Tan sólo en el coronel Brandon, entre todos sus nuevos conocidos, encontró Elinor una persona merecedora de algún grado de respeto por sus capacidades, cuya amistad interesara cultivar o que pudiera constituir una compañía placentera. Con Willoughby no podía contarse. Tenía él toda su admiración y afecto, incluso como hermana; pero era un enamorado: sus atenciones pertenecían por completo a Marianne, e incluso un hombre mucho menos entretenido que él podría haber sido en general más grato. El coronel Brandon, para su desgracia, no había sido alentado de la misma forma a pensar sólo en Marianne, y en sus conversaciones con Elinor encontró el mayor consuelo a la total indiferencia de su hermana.
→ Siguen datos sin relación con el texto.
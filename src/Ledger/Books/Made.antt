-- ===== src/Ledger/Books/Made.antt =====
-- From the steps of postOnce to what posting an entry does to the tables.
use bank_core.Prelude.{◌≡◌, arith, String, true, List, [], some, All, sym, ◌∙◌}
use bank_core.Prelude.Int.{pos, int_laws}
use bank_core.Prelude.Int64.{IsInt64}
use bank_core.Prelude.Dict.{Dict, lookup, keys, get_or}
use bank_core.Prelude.Sort.{sort}
use bank_core.Ledger.Domain.{Account, Balance, Posting}
use bank_core.Ledger.Domain.Entry.{IsDoubleEntry, validate_entry-IsDoubleEntry}
use bank_core.Ledger.Store.{Db, account_by_id}
use bank_core.Ledger.Service.{zero_balance}
use bank_core.Ledger.Books.Invariant.{IsConsistent, held_for}
use bank_core.Ledger.Books.Deltas.{
  sum_legs, is_posted, net_delta-exact, elem-affected, AgreesWith, legs-known,
}
use bank_core.Ledger.Books.Capture.{Captured, capture_step-Captured}
use bank_core.Ledger.Books.Balances.{AreOwn, next_balances-Next, write_balances-eq, type_in}
use bank_core.Ledger.Books.Steps.{Steps}
use bank_core.Ledger.Books.Outcome.{IsMoved, apply_posting-IsMoved, Outcome}

get_or-account_id :
    (out : Dict Balance) (a : String) (nb : Balance)
    → lookup a out ≡ some nb
    → nb.account_id ≡ a
    → (get_or out a zero_balance).account_id ≡ a
get_or-account_id out a nb found own = ground arith

-- What the steps leave of each table.
tables-through :
    (db captured entered posted wrote db' : Db)
    → captured ≡ record db { holds = captured.holds }
    → entered ≡ record captured { entries = entered.entries; entry_refs = entered.entry_refs }
    → posted ≡ record entered { postings = posted.postings }
    → wrote ≡ record posted { balances = wrote.balances }
    → db' ≡ record wrote { outbox = db'.outbox }
    → (db'.accounts ≡ db.accounts)
      × (db'.holds ≡ captured.holds)
      × (entered.postings ≡ db.postings)
      × (db'.postings ≡ posted.postings)
      × (db'.balances ≡ wrote.balances)
tables-through db captured entered posted wrote db' h₁ h₂ h₃ h₄ h₅ = ground arith

balances-through :
    (db captured entered posted : Db)
    → captured ≡ record db { holds = captured.holds }
    → entered ≡ record captured { entries = entered.entries; entry_refs = entered.entry_refs }
    → posted ≡ record entered { postings = posted.postings }
    → (captured.balances ≡ db.balances) × (posted.balances ≡ db.balances)
balances-through db captured entered posted h₁ h₂ h₃ = ground arith

module _ (ref_type ref_id hold_id : String) (accounts : Dict Account) (ps : List Posting)
    (db db' : Db) (c : IsConsistent db) (agrees : AgreesWith db accounts)
    (amounts : All (λ p. IsInt64 p.amount) ps)
    (s : Steps ref_type ref_id hold_id accounts ps db db') where
  capture-done : Captured s.adj db s.captured
  capture-done =
      capture_step-Captured ref_type ref_id hold_id s.delta s.adj db s.captured c s.capture

  entry-done : IsDoubleEntry accounts ps
  entry-done = validate_entry-IsDoubleEntry ps accounts amounts s.valid

  same-balances : (s.captured.balances ≡ db.balances) × (s.posted.balances ≡ db.balances)
  same-balances =
      balances-through db s.captured s.entered s.posted capture-done.tables s.entry_tables
        s.legs.tables

  -- The balance computed for the account of a leg.
  account-IsMoved :
      (a : String)
      → is_posted a ps ≡ true
      → (b : Balance) × (nb : Balance) × (acct : Account) × (lookup a db.balances ≡ some b)
        × (lookup a s.balances ≡ some nb)
        × (account_by_id a db ≡ some acct)
        × IsMoved acct.type (get_or s.adj a (pos 0)) (sum_legs a ps) b nb
  account-IsMoved a ours =
      let member = elem-affected ps s.delta a s.netted ∙ ours in
      let (nb, out, (b, found, fits, applied)) =
        next_balances-Next (sort (keys s.delta)) accounts s.delta s.adj s.captured [] s.balances a
          s.computed member in
      let (acct, listed) = legs-known accounts ps a entry-done.legs ours in
      let known = agrees a acct listed in
      let before : (lookup a db.balances ≡ some b) = simp (← same-balances.0) found in
      let old = c.balanced a b before in
      let (exact, range) = net_delta-exact ps s.delta amounts s.netted a in
      let (after, nonneg, less) = capture-done.reserves a in
      let typed : (type_in a accounts ≡ acct.type) = ground (arith, listed) in
      (
        b,
        nb,
        acct,
        before,
        out,
        known,
        apply_posting-IsMoved b nb acct.type (get_or s.adj a (pos 0)) (sum_legs a ps)
            (held_for a s.captured.holds) old.row (rw (← exact) range)
            (λ customer. c.covered a b acct before known customer) (rw old.held_sum after) nonneg
            less (rw (← typed, ← exact) applied),
      )

  writes-AreOwn : AreOwn (sort (keys s.delta)) s.balances s.posted
  writes-AreOwn a member =
      let (b, nb, acct, before, out, known, m) =
        account-IsMoved a (sym (elem-affected ps s.delta a s.netted) ∙ member) in
      (
        get_or-account_id s.balances a nb out (m.own ∙ (c.balanced a b before).own_id),
        (b, simp (same-balances.1) before),
      )

  pub Steps-Outcome : Outcome ps s.adj db db'
  Steps-Outcome =
      let (wrote_tables, rows) =
        write_balances-eq (sort (keys s.delta)) s.balances s.posted s.wrote writes-AreOwn
          s.writing in
      let (same_accounts, same_holds, same_postings, new_postings, new_balances) =
        tables-through db s.captured s.entered s.posted s.wrote db' capture-done.tables
          s.entry_tables s.legs.tables wrote_tables s.final_tables in
      record {
        accounts = same_accounts;
        holds_ok = rw same_holds capture-done.holds_ok;
        holds_unique = rw same_holds capture-done.holds_unique;
        reserves = λ a. rw same_holds ((capture-done.reserves a).0);
        by_account = λ a. rw (new_postings, ← same_postings) (s.legs.by_account a);
        by_currency = λ k.
            grind
              (int_laws, new_postings, same_postings, s.legs.by_currency k, entry-done.zero_sum k);
        moved = λ a ours.
            let (b, nb, acct, before, out, known, m) = account-IsMoved a ours in
            (
              b,
              nb,
              acct,
              before,
              ground (
                arith,
                new_balances,
                rows a,
                elem-affected ps s.delta a s.netted,
                ours,
                same-balances.1,
                before,
                out,
              ),
              known,
              m,
            );
        kept = λ a un.
            ground (
              arith,
              new_balances,
              rows a,
              elem-affected ps s.delta a s.netted,
              un,
              same-balances.1,
            );
      }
La compasión de Elinor por él se hizo cada día mayor, pues tenía motivos para sospechar que ya había conocido las miserias de un amor desengañado. Se originó esta sospecha en algunas palabras que accidentalmente salieron de su boca una tarde en Barton Park, cuando por propia elección estaban sentados juntos mientras los otros bailaban. Miraba él fijamente a Marianne y, tras un silencio de algunos minutos, dijo con una casi imperceptible sonr isa:

– Su hermana, entiendo, no aprueba las segundas uniones.

– No -replicó Elinor-; sus opiniones son completamente románticas.

– O más bien, según creo, considera imposible su existencia.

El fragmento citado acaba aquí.